(Saved data entries)

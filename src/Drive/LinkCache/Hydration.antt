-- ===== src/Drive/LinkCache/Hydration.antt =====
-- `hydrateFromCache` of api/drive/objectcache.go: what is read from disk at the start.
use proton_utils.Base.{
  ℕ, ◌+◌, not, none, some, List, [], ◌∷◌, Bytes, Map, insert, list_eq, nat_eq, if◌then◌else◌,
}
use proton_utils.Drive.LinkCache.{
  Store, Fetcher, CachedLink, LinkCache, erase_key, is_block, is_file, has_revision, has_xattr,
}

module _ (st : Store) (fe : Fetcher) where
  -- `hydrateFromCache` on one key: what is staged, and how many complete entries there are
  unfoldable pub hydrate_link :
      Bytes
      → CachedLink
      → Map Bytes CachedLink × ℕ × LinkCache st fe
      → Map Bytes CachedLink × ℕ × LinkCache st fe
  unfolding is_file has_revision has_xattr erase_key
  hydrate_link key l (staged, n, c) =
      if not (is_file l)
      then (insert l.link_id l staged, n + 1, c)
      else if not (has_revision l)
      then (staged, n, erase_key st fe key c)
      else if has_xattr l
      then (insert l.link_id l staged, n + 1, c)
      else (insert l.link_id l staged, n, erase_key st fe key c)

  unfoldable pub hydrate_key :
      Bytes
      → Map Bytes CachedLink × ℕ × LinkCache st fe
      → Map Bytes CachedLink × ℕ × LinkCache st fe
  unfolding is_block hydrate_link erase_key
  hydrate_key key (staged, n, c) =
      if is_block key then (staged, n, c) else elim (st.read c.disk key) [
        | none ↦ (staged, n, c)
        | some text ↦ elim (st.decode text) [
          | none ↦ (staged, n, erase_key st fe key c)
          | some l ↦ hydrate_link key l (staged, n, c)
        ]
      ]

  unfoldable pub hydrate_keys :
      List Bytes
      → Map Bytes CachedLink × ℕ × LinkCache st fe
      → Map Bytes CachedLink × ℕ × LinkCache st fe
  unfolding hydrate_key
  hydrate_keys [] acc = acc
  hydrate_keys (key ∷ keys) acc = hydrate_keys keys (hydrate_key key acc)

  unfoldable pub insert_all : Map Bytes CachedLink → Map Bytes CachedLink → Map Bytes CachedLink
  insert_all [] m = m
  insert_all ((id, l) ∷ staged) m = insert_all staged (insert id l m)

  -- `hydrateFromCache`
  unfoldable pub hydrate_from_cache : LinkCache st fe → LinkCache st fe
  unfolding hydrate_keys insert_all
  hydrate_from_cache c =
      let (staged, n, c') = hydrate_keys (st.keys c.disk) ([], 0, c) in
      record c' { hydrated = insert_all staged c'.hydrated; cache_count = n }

...

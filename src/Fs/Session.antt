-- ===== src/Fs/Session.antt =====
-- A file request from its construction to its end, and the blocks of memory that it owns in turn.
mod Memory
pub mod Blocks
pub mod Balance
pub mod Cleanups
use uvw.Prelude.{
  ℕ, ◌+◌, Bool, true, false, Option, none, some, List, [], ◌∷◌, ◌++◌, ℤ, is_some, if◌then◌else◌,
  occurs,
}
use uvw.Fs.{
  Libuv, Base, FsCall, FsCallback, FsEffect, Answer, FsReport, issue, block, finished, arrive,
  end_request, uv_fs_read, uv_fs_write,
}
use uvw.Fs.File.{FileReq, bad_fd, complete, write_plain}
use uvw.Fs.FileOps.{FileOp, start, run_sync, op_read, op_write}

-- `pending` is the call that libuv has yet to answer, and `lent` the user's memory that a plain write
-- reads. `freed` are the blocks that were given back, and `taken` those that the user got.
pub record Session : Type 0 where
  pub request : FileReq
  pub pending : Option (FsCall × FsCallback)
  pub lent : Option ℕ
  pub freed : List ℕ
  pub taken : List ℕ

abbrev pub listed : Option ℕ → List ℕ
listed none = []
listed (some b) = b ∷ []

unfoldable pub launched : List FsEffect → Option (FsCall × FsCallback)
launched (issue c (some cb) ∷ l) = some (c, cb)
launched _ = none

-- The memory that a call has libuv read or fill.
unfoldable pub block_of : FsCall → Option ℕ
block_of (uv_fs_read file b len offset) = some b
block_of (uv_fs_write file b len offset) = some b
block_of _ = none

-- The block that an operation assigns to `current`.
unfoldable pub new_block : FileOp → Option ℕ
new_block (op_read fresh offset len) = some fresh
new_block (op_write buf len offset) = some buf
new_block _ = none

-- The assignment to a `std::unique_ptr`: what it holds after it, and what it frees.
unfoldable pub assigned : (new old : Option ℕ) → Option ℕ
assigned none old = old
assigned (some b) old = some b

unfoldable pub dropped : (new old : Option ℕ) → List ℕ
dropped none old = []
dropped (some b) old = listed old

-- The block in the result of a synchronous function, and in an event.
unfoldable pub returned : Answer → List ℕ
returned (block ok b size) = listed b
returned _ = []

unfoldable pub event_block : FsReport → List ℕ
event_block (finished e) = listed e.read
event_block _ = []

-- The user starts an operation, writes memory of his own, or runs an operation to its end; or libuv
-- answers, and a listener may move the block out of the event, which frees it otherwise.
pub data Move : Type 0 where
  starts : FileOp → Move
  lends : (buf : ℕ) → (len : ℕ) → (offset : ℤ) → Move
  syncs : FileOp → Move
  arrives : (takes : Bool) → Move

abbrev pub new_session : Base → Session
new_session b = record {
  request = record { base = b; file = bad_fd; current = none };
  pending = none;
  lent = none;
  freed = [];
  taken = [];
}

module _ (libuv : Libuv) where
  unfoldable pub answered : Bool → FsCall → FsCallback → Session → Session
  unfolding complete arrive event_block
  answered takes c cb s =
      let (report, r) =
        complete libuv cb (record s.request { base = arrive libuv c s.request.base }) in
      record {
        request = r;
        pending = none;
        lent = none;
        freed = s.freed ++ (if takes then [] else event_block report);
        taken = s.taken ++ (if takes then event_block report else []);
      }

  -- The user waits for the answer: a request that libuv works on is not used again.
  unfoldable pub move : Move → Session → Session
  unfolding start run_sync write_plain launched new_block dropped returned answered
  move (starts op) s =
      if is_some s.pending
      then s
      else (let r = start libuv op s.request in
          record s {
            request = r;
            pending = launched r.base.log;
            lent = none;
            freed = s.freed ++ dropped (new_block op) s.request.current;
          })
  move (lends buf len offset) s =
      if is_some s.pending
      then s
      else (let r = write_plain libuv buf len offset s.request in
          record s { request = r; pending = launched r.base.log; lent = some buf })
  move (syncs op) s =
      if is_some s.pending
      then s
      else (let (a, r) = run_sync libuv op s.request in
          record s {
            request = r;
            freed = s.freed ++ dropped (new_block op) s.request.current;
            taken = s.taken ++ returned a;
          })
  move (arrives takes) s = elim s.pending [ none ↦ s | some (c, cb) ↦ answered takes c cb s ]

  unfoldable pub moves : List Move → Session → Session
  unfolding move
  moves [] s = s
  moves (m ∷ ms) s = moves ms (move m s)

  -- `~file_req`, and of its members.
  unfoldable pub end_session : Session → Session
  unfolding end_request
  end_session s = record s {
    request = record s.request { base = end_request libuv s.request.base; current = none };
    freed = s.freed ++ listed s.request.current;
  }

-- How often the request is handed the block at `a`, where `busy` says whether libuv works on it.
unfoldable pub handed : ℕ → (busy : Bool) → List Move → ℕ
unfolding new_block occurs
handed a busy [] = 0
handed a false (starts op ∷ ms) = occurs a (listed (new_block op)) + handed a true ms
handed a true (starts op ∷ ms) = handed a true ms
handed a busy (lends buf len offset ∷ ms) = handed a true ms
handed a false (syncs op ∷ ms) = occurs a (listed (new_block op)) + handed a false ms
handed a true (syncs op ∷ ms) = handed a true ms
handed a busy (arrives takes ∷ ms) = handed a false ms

■ Assigned task: The entries above hold the needed span. Transcribe exactly the lines from the one with "unfolding is_file has_revision" to the one with "none ↦ (staged, n, erase_key", both included.

■ Completed task:
  unfolding is_file has_revision has_xattr erase_key
  hydrate_link key l (staged, n, c) =
      if not (is_file l)
      then (insert l.link_id l staged, n + 1, c)
      else if not (has_revision l)
      then (staged, n, erase_key st fe key c)
      else if has_xattr l
      then (insert l.link_id l staged, n + 1, c)
      else (insert l.link_id l staged, n, erase_key st fe key c)

  unfoldable pub hydrate_key :
      Bytes
      → Map Bytes CachedLink × ℕ × LinkCache st fe
      → Map Bytes CachedLink × ℕ × LinkCache st fe
  unfolding is_block hydrate_link erase_key
  hydrate_key key (staged, n, c) =
      if is_block key then (staged, n, c) else elim (st.read c.disk key) [
        | none ↦ (staged, n, c)
        | some text ↦ elim (st.decode text) [
          | none ↦ (staged, n, erase_key st fe key c)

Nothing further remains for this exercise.